The first thing to say is this isn't my first experience of the place, although it was my first time in Beijing.  I'm by no means an "expert", but I lived in Hong Kong for 2 years as a child, visited Shanghai more recently, have been involved with a work venture with China (my business partner owns a consultancy business in Beijing), I wrote a 200 page study on Chinese educational travel AND my boyfriend Ste is doing a degree in Chinese.  He's therefore taught me loads about the place.  Oh, I also had a panda teddy when I was 3.  Therefore this post is not entirely ill-informed bollocks.  Just mostly.
What was I doing there?

It was Ste's 21st birthday.  So let's get the cutesy stuff out of the way.  It was so ridiculously, amazingly lovely to see him.  My last blog post, written whilst somewhat tipsy the night before I went, gives some indication of how much I was looking forward to going after a 2 month gap of not being together.  It was every bit as wonderful as I'd hoped.

Katie, Andrew, Ste, Momma Ste, Rocky on our way to the Wall

I was there for 2 days that overlapped with his Mum, brother, brother's girlfriend and his best friend Rocky.  On his actual birthday, when we drove an hour out of Beijing to visit the Great Wall at a place where Chinese, rather than Westerners, tend to go.  In the evening we went for a boat ride on a lake in a traditional part of town called Houhai.

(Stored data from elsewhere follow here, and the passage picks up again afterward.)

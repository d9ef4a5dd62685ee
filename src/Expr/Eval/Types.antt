-- ===== src/Expr/Eval/Types.antt =====
-- Evaluation and the static types of `infer_type`: dbcli/src/synth/expr.rs.
use mathlib.Core.Path.{subst}
use hepta_dbcli.Prelude.{
  true, List, [], ◌∷◌, Option, some, ◌≡◌, refl, ap, arith, Bool-cases, inl, inr, if-cases,
}
use hepta_dbcli.Decimals.{DecimalOps}
use hepta_dbcli.Text.{Text, codes, text_eq}
use hepta_dbcli.Report
use hepta_dbcli.Expr.{
  Result, Returns, Returns->>=, Returns-weaken, Node, Nodes, nil, cons, count, FunctionSpec,
  fixed_arity, known_functions, find_spec, arity_fits, WellFormed, WellFormedArgs, Ty, branches,
  infer_type,
}
use hepta_dbcli.Expr.Eval.Values.{
  HasType, spec_at, compare_values-Bool, cell-Anything, arith_values-Number, negate_value-Number,
  EachReturns, concat_on-String, eval_right-String, eval_left-String, eval_substr-String,
  eval_if-three, and-Bool, or-Bool,
}
use hepta_dbcli.Expr.Eval.{
  eval_if, eval_right, eval_left, eval_substr, eval_call, eval_string_call, eval, eval_args,
}
use hepta_dbcli.Expr.Operands.{ArithOps, Value}

module _ (ops : DecimalOps) (sums : ArithOps ops) (lookup : Text → Option Report.Value) where
  -- The results of a call's arguments, each with its type.
  abbrev ArgsTyped : Nodes ops.Number → Type 0
  ArgsTyped nil = Unit
  ArgsTyped (cons n ns) = Returns (HasType (infer_type n)) (eval ops sums lookup n) × ArgsTyped ns

  each_returns :
      (args : Nodes ops.Number)
      → ArgsTyped args
      → EachReturns ops sums (eval_args ops sums lookup args)
  unfolding eval
  each_returns nil h = tt
  each_returns (cons n ns) h =
      (Returns-weaken _ _ (eval ops sums lookup n) (λ _ _. tt) h.0, each_returns ns h.1)

  eval_if-HasType :
      (args : Nodes ops.Number)
      → arity_fits (fixed_arity (codes "if") 3) (count args) ≡ true
      → ArgsTyped args
      → Returns (HasType (branches args)) (eval_if (eval_args ops sums lookup args))
  unfolding arity_fits eval eval_if infer_type
  eval_if-HasType nil e h = cc
  eval_if-HasType (cons a nil) e h = cc
  eval_if-HasType (cons a (cons b nil)) e h = cc
  eval_if-HasType (cons a (cons b (cons c nil))) e h =
      eval_if-three ops sums _ _ _ _ _ (Returns-weaken _ _ (eval ops sums lookup a) (λ _ _. tt) h.0)
        h.1.0 h.1.1.0
  eval_if-HasType (cons a (cons b (cons c (cons d rest)))) e h = tt

  two_args :
      (f : List (Result (Value ops.Number)) → Result (Value ops.Number))
      → ((a b : Result (Value ops.Number)) (rs : List (Result (Value ops.Number)))
          → EachReturns ops sums (a ∷ b ∷ rs)
          → Returns (HasType Ty.string) (f (a ∷ b ∷ rs)))
      → (spec : FunctionSpec) → spec.min_args ≡ 2
      → (args : Nodes ops.Number) → arity_fits spec (count args) ≡ true
      → ArgsTyped args
      → Returns (HasType Ty.string) (f (eval_args ops sums lookup args))
  unfolding arity_fits eval
  two_args f good spec two nil e h = absurd (ground arith)
  two_args f good spec two (cons a nil) e h = absurd (ground arith)
  two_args f good spec two (cons a (cons b rest)) e h =
      good _ _ _ (each_returns (cons a (cons b rest)) h)

  string_call :
      (name : Text) (args : Nodes ops.Number) (spec : FunctionSpec)
      → find_spec name known_functions ≡ some spec
      → arity_fits spec (count args) ≡ true
      → ArgsTyped args
      → Returns
          (HasType Ty.string)
          (eval_string_call ops sums name (eval_args ops sums lookup args))
  unfolding eval_string_call find_spec
  string_call name args spec found fits typed =
      if-cases P (text_eq name (codes "concat"))
        (λ _. concat_on-String ops sums [] _ (each_returns args typed))
        (λ _.
          if-cases P (text_eq name (codes "right"))
            (λ e.
              two_args (eval_right ops sums) (eval_right-String ops sums) spec
                (two (codes "right") _ refl e) args fits typed)
            (λ _.
              if-cases P (text_eq name (codes "left"))
                (λ e.
                  two_args (eval_left ops sums) (eval_left-String ops sums) spec
                    (two (codes "left") _ refl e) args fits typed)
                (λ _.
                  if-cases P (text_eq name (codes "substr"))
                    (λ e.
                      two_args (eval_substr ops sums) (eval_substr-String ops sums) spec
                        (two (codes "substr") _ refl e) args fits typed)
                    (λ _. tt))))
    where
      P : Result (Value ops.Number) → Type 0
      P = Returns (HasType Ty.string)

      two :
          (w : Text) (known : FunctionSpec)
          → find_spec w known_functions ≡ some known
          → text_eq name w ≡ true
          → spec.min_args ≡ known.min_args
      two w known at e =
          ap (λ (s : FunctionSpec). s.min_args) (spec_at w name known spec at e found)

  call-HasType :
      (name : Text) (args : Nodes ops.Number) (spec : FunctionSpec)
      → find_spec name known_functions ≡ some spec
      → arity_fits spec (count args) ≡ true
      → ArgsTyped args
      → Returns
          (HasType (infer_type (Node.call name args)))
          (eval_call ops sums name (eval_args ops sums lookup args))
  unfolding infer_type eval_call find_spec
  call-HasType name args spec found fits typed = elim (Bool-cases (text_eq name (codes "if"))) [
    | inl e ↦ rw e (
        eval_if-HasType args
          (subst (λ s. arity_fits s (count args) ≡ true)
            (spec_at (codes "if") name _ spec refl e found) fits)
          typed)
    | inr e ↦ rw e (string_call name args spec found fits typed)
  ]

  mutual
    unfolding eval infer_type WellFormed

    typed :
        (n : Node ops.Number)
        → WellFormed n
        → Returns (HasType (infer_type n)) (eval ops sums lookup n)
    typed (Node.number n) wf = tt
    typed (Node.str t) wf = tt
    typed (Node.column name) wf = cell-Anything ops (lookup name)
    typed (Node.negate n) wf =
        Returns->>= _ _ (eval ops sums lookup n) _ (typed n wf)
          λ v _ _. negate_value-Number ops sums v
    typed (Node.arith op l r) wf =
        Returns->>= _ _ (eval ops sums lookup l) _ (typed l wf.0) λ a _ _.
          Returns->>= _ _ (eval ops sums lookup r) _ (typed r wf.1)
            λ b _ _. arith_values-Number ops sums op a b
    typed (Node.compare op l r) wf =
        Returns->>= _ _ (eval ops sums lookup l) _ (typed l wf.0) λ a _ _.
          Returns->>= _ _ (eval ops sums lookup r) _ (typed r wf.1)
            λ b _ _. compare_values-Bool ops op _ _
    typed (Node.and l r) wf =
        and-Bool ops sums (eval ops sums lookup l) (eval ops sums lookup r)
          (Returns-weaken _ _ (eval ops sums lookup l) (λ _ _. tt) (typed l wf.0))
          (Returns-weaken _ _ (eval ops sums lookup r) (λ _ _. tt) (typed r wf.1))
    typed (Node.or l r) wf =
        or-Bool ops sums (eval ops sums lookup l) (eval ops sums lookup r)
          (Returns-weaken _ _ (eval ops sums lookup l) (λ _ _. tt) (typed l wf.0))
          (Returns-weaken _ _ (eval ops sums lookup r) (λ _ _. tt) (typed r wf.1))
    typed (Node.call name args) wf = call-HasType name args wf.0 wf.1 wf.2 (args_typed args wf.3)

    args_typed : (args : Nodes ops.Number) → WellFormedArgs args → ArgsTyped args
    args_typed nil wf = tt
    args_typed (cons n ns) wf = (typed n wf.0, args_typed ns wf.1)

-- A well-formed expression evaluates to an error or to a value of its static type, and never panics.
pub eval-HasType :
    (ops : DecimalOps) (sums : ArithOps ops) (lookup : Text → Option Report.Value)
    (n : Node ops.Number)
    → WellFormed n
    → Returns (HasType (infer_type n)) (eval ops sums lookup n)
eval-HasType ops sums lookup n wf = typed ops sums lookup n wf
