-- ===== src/Expr/Lex.antt =====
-- The tokens of an expression: `lex` of dbcli/src/synth/expr.rs. A text is its code points here;
-- the positions that errors carry are offsets in UTF-8, as in the source.
pub mod Total
use hepta_dbcli.Prelude.{
  ℕ, zero, suc, ◌+◌, ◌*◌, ◌/◌, ◌≤◌, ◌<◌, ltb, ◌==◌, Bool, true, false, not, ◌&&◌, ◌||◌, List, [],
  ◌∷◌, ◌++◌, Option, none, some, length, if◌then◌else◌, ◌≡◌, refl, arith, Bool-cases, inl, inr,
}
use hepta_dbcli.Decimals.{DecimalOps}
use hepta_dbcli.Text.{Text, codes, within, is_word, take_until, drop_while}
use hepta_dbcli.Expr.{
  ExprError, syntax, Result, ok, err, panic, out_of_fuel, ◌>>=◌, Returns, Returns->>=, Token,
  Spanned,
}

-- The bytes of a character in UTF-8.
abbrev pub utf8_len : ℕ → ℕ
utf8_len c = if ltb c 0x80 then 1 else if ltb c 0x800 then 2 else if ltb c 0x10000 then 3 else 4

abbrev pub utf8_length : Text → ℕ
utf8_length [] = 0
utf8_length (c ∷ s) = utf8_len c + utf8_length s

-- The first of them, as a character.
abbrev pub lead_byte : ℕ → ℕ
lead_byte c =
    if ltb c 0x80
    then c
    else if ltb c 0x800
    then 0xc0 + c / 0x40
    else if ltb c 0x10000
    then 0xe0 + c / 0x1000
    else 0xf0 + c / 0x40000

-- `u8::is_ascii_whitespace`
abbrev pub ascii_space : ℕ → Bool
ascii_space c = c == 32 || c == 9 || c == 10 || c == 12 || c == 13

abbrev pub digit : ℕ → Bool
digit c = within b'0' b'9' c

abbrev pub letter : ℕ → Bool
letter c = within b'a' b'z' c || within b'A' b'Z' c || c == b'_'

abbrev pub not_quote : ℕ → Bool
not_quote c = not (c == 39)

-- The digits in front, and what is behind them.
unfoldable pub digits_of : Text → Text × Text
unfolding take_until drop_while
digits_of s = (take_until (λ c. not (digit c)) s, drop_while digit s)

-- A number's text: digits, and a point with digits if a digit follows the point.
unfoldable pub fraction : Text → Text → Text × Text
unfolding digits_of
fraction whole (p ∷ d ∷ s) =
    if p == b'.' && digit d
    then (whole ++ p ∷ (digits_of (d ∷ s)).0, (digits_of (d ∷ s)).1)
    else (whole, p ∷ d ∷ s)
fraction whole s = (whole, s)

abbrev pub starts : ℕ → Text → Bool
starts a [] = false
starts a (c ∷ s) = c == a

abbrev pub rest_of : Text → Text
rest_of [] = []
rest_of (c ∷ s) = s

module _ (ops : DecimalOps) where
  -- What one round of the loop gives: a token, unless it skips a blank; the next position; the rest.
  abbrev pub Round : Type 0
  Round = Option (Spanned ops.Number) × ℕ × Text

  abbrev pub spanned : Token ops.Number → ℕ → Option (Spanned ops.Number)
  spanned t p = some (record { token = t; position = p })

  unfoldable punctuation : ℕ → Option (Token ops.Number)
  punctuation c =
      if c == b'('
      then some Token.l_paren
      else if c == b')'
      then some Token.r_paren
      else if c == b'['
      then some Token.l_bracket
      else if c == b']'
      then some Token.r_bracket
      else if c == b','
      then some Token.comma
      else if c == b'.'
      then some Token.dot
      else if c == b'+'
      then some Token.plus
      else if c == b'-'
      then some Token.minus
      else if c == b'*'
      then some Token.star
      else if c == b'/'
      then some Token.slash
      else if c == b'%'
      then some Token.percent
      else none

  -- A string literal's body, and the text from its closing quote on.
  abbrev pub close_quote : ℕ → Text → Text → Result Round
  close_quote p body [] = err (syntax (codes "unterminated string literal (missing closing `'`)") p)
  close_quote p body (q ∷ rest) = ok (spanned (Token.str body) p, p + utf8_length body + 2, rest)

  unfoldable quoted : ℕ → Text → Result Round
  unfolding take_until drop_while
  quoted p s = close_quote p (take_until (λ c. not (not_quote c)) s) (drop_while not_quote s)

  abbrev pub read_number : ℕ → Text → Text → Option ops.Number → Result Round
  read_number p text rest none =
      err (syntax (codes "invalid numeric literal `" ++ text ++ codes "`") p)
  read_number p text rest (some v) = ok (spanned (Token.number v) p, p + length text, rest)

  unfoldable numeral : ℕ → Text → Result Round
  unfolding digits_of fraction
  numeral p s =
      let (text, rest) = fraction (digits_of s).0 (digits_of s).1 in
      read_number p text rest (ops.parse text)

  unfoldable word : ℕ → Text → Result Round
  unfolding take_until drop_while is_word
  word p s =
      let name = take_until (λ c. not (is_word c)) s in
      ok (spanned (Token.ident name) p, p + length name, drop_while is_word s)

  -- A character that stands for a token only twice, or in front of `=`.
  unfoldable paired : ℕ → Token ops.Number → Text → ℕ → Text → Result Round
  paired a t message p s =
      if starts a s
      then ok (spanned t p, p + 2, rest_of s)
      else err (syntax (codes "unexpected " ++ message) p)

  unfoldable ordering : Token ops.Number → Token ops.Number → ℕ → Text → Result Round
  ordering strict weak p s =
      if starts b'=' s
      then ok (spanned weak p, p + 2, rest_of s)
      else ok (spanned strict p, p + 1, s)

  unfoldable other_char : ℕ → ℕ → Text → Result Round
  unfolding quoted numeral word paired ordering
  other_char p c s =
      if c == 39
      then quoted p s
      else if digit c
      then numeral p (c ∷ s)
      else if letter c
      then word p (c ∷ s)
      else if c == b'='
      then paired b'=' Token.eq_eq (codes "`=`; use `==` for equality") p s
      else if c == b'!'
      then paired b'=' Token.not_eq (codes "`!`; use `!=` for inequality") p s
      else if c == b'<'
      then ordering Token.lt Token.le p s
      else if c == b'>'
      then ordering Token.gt Token.ge p s
      else if c == b'&'
      then paired b'&' Token.and_and (codes "`&`; use `&&` for logical and") p s
      else if c == b'|'
      then paired b'|' Token.or_or (codes "`|`; use `||` for logical or") p s
      else err (syntax (codes "unexpected character `" ++ lead_byte c ∷ codes "`") p)

  unfoldable by_punctuation : ℕ → ℕ → Text → Option (Token ops.Number) → Result Round
  unfolding other_char
  by_punctuation p c s none = other_char p c s
  by_punctuation p c s (some t) = ok (spanned t p, p + 1, s)

  unfoldable lex_round : ℕ → ℕ → Text → Result Round
  unfolding punctuation by_punctuation
  lex_round p c s =
      if ascii_space c then ok (none, p + 1, s) else by_punctuation p c s (punctuation c)

  abbrev pub push :
      Option (Spanned ops.Number) → List (Spanned ops.Number) → List (Spanned ops.Number)
  push none ts = ts
  push (some t) ts = t ∷ ts

  -- The loop, on fuel: one unit for a character is enough.
  unfoldable lex_on : ℕ → ℕ → Text → Result (List (Spanned ops.Number))
  unfolding lex_round
  lex_on fuel p [] = ok []
  lex_on zero p (c ∷ s) = out_of_fuel
  lex_on (suc fuel) p (c ∷ s) = do
    (token, next, rest) ← lex_round p c s
    more ← lex_on fuel next rest
    ok (push token more)

  unfoldable pub lex : Text → Result (List (Spanned ops.Number))
  unfolding lex_on
  lex s = lex_on (length s) 0 s
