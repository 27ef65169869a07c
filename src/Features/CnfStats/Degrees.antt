-- ===== src/Features/CnfStats/Degrees.antt =====
-- The degrees of the clauses, against the clauses of the formula that hold a literal.
use ignore_gates.Prelude.{
  ℕ, suc, ◌+◌, ◌%◌, ◌<◌, ◌≡◌, refl, ap, ◌∙◌, inl, inr, [], ◌∷◌, if◌then◌else◌, arith, length, elem,
  map, All, Bool-cases,
}
use ignore_gates.Types.{Cl, neg, var, Above}
use ignore_gates.Formula.{For, CnfFormula}
use ignore_gates.Formula.Shape.{IsValid, IsNormal}
use ignore_gates.Gates.Occurrences.Live.{occurrences}
use ignore_gates.Gates.Occurrences.Blocking.{elem-past}
use ignore_gates.Features.CnfStats.{
  count_at, count_lits, literal_occurrences, add_degrees, clause_degrees, analyze_degrees,
}

zero_plus : (n : ℕ) → (0 + n) % 4294967296 ≡ n % 4294967296
zero_plus n = omega arith

wrap_one : (a b n : ℕ) → b ≡ (a + 1) % 4294967296 → (b + n) % 4294967296 ≡ (a + suc n) % 4294967296
wrap_one a b n h = omega (arith, h)

wrap_more :
    (d o n m : ℕ)
    → o ≡ n % 4294967296
    → ((d + o) % 4294967296 + m) % 4294967296 ≡ (d + (n + m)) % 4294967296
wrap_more d o n m h = omega (arith, h)

-- In a clause with no variable twice a literal is counted once if it is there.
count_lits_lem :
    (f : ℕ → ℕ) (k b : ℕ) (ls : Cl)
    → Above b ls
    → count_lits f ls k ≡ (if elem k ls then (f k + 1) % 4294967296 else f k)
unfolding count_lits
count_lits_lem f k b [] a = refl
count_lits_lem f k b (l ∷ ls) a =
    ground (
      arith,
      count_lits_lem (count_at f l) k (suc (var l)) ls a.1,
      elem-past l (suc (var l)) ls a.1,
    )

-- Wrapped, a literal occurs as often as clauses of the formula hold it.
literal_occurrences_lem :
    (f : ℕ → ℕ) (k : ℕ) (cs : For)
    → f k < 4294967296
    → All (λ c. Above 0 c.lits) cs
    → literal_occurrences f cs k ≡ (f k + length (occurrences k cs)) % 4294967296
unfolding literal_occurrences
literal_occurrences_lem f k [] h a = ground (arith, h)
literal_occurrences_lem f k (c ∷ cs) h a =
    let g = count_lits f c.lits in
    let at = count_lits_lem f k 0 c.lits a.0 in
    elim (Bool-cases (elem k c.lits)) [
      | inl e ↦
          let here : g k ≡ (f k + 1) % 4294967296 =
            at ∙ ap (λ b. if b then (f k + 1) % 4294967296 else f k) e in
          let rest = literal_occurrences_lem g k cs (omega (arith, here)) a.1 in
          rw e (rest ∙ wrap_one (f k) (g k) (length (occurrences k cs)) here)
      | inr e ↦
          let here : g k ≡ f k = at ∙ ap (λ b. if b then (f k + 1) % 4294967296 else f k) e in
          let rest = literal_occurrences_lem g k cs (omega (arith, here, h)) a.1 in
          rw e (rest ∙ ap (λ n. (n + length (occurrences k cs)) % 4294967296) here)
    ]

-- How many clauses hold the negation of a literal of `c`, counted for each of these literals.
abbrev pub neighbours : For → Cl → ℕ
neighbours cs [] = 0
neighbours cs (l ∷ ls) = length (occurrences (neg l) cs) + neighbours cs ls

add_degrees_lem :
    (occ : ℕ → ℕ) (cs : For) (d : ℕ) (c : Cl)
    → ((k : ℕ) → occ k ≡ length (occurrences k cs) % 4294967296)
    → d < 4294967296
    → add_degrees occ d c ≡ (d + neighbours cs c) % 4294967296
unfolding add_degrees
add_degrees_lem occ cs d [] h b = ground (arith, b)
add_degrees_lem occ cs d (l ∷ ls) h b =
    add_degrees_lem occ cs ((d + occ (neg l)) % 4294967296) ls h (omega arith)
    ∙ wrap_more d (occ (neg l)) (length (occurrences (neg l) cs)) (neighbours cs ls) (h (neg l))

clause_degrees_lem :
    (occ : ℕ → ℕ) (cs ds : For)
    → ((k : ℕ) → occ k ≡ length (occurrences k cs) % 4294967296)
    → clause_degrees occ ds ≡ map (λ d. neighbours cs d.lits % 4294967296) ds
unfolding clause_degrees
clause_degrees_lem occ cs [] h = refl
clause_degrees_lem occ cs (d ∷ ds) h =
    rw (add_degrees_lem occ cs 0 d.lits h (omega arith), clause_degrees_lem occ cs ds h)
      (ap (λ x. x ∷ map (λ y. neighbours cs y.lits % 4294967296) ds)
        (zero_plus (neighbours cs d.lits)))

IsNormal-Above : (n : ℕ) (cs : For) → All (λ c. IsNormal n c.lits) cs → All (λ c. Above 0 c.lits) cs
IsNormal-Above n [] a = tt
IsNormal-Above n (c ∷ cs) a = (a.0.above, IsNormal-Above n cs a.1)

-- For a valid formula, the degree of each clause is the number of pairs of one of its literals and a
-- clause of the formula, unit clauses included, that holds the negation of this literal, in 32 bits.
pub analyze_degrees-occurrences :
    (f : CnfFormula)
    → IsValid f
    → analyze_degrees f ≡ map (λ c. neighbours f.formula c.lits % 4294967296) f.formula
unfolding analyze_degrees
analyze_degrees-occurrences f v =
    clause_degrees_lem (literal_occurrences (λ _. 0) f.formula) f.formula f.formula (λ k.
      literal_occurrences_lem (λ _. 0) k f.formula (omega arith)
        (IsNormal-Above f.variables f.formula v.clauses)
      ∙ zero_plus (length (occurrences k f.formula)))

Official 21st birthday photo
Ste was telling me he prefers to have actual "things" than to spend money on travelling or experiences because they're just temporary and pass.  I'm not sure I agree.  You can spend money on a lovely coat or pair of shoes, but will you remember them when you're 80?  I think Ste will remember his 21st birthday by contrast, even if was "temporary and passed".  What an amazing, priceless memory he now has for life of that beautiful, sunny day.   Ste and I had then had 8 days together to hang out, do some touristy stuff and general stuff our faces on our own.

Chinese Politics

The way matters are reported in the West is a little bit like a scratched record.  No story misses the opportunity to portray China in some way as a systematic abuser of human rights: a force of sinister oppression.   We love doing it: there's also some subtle little reminder, just in case we'd forgotten how evil they are, for example in recent BBC reporting on the Third Plenum.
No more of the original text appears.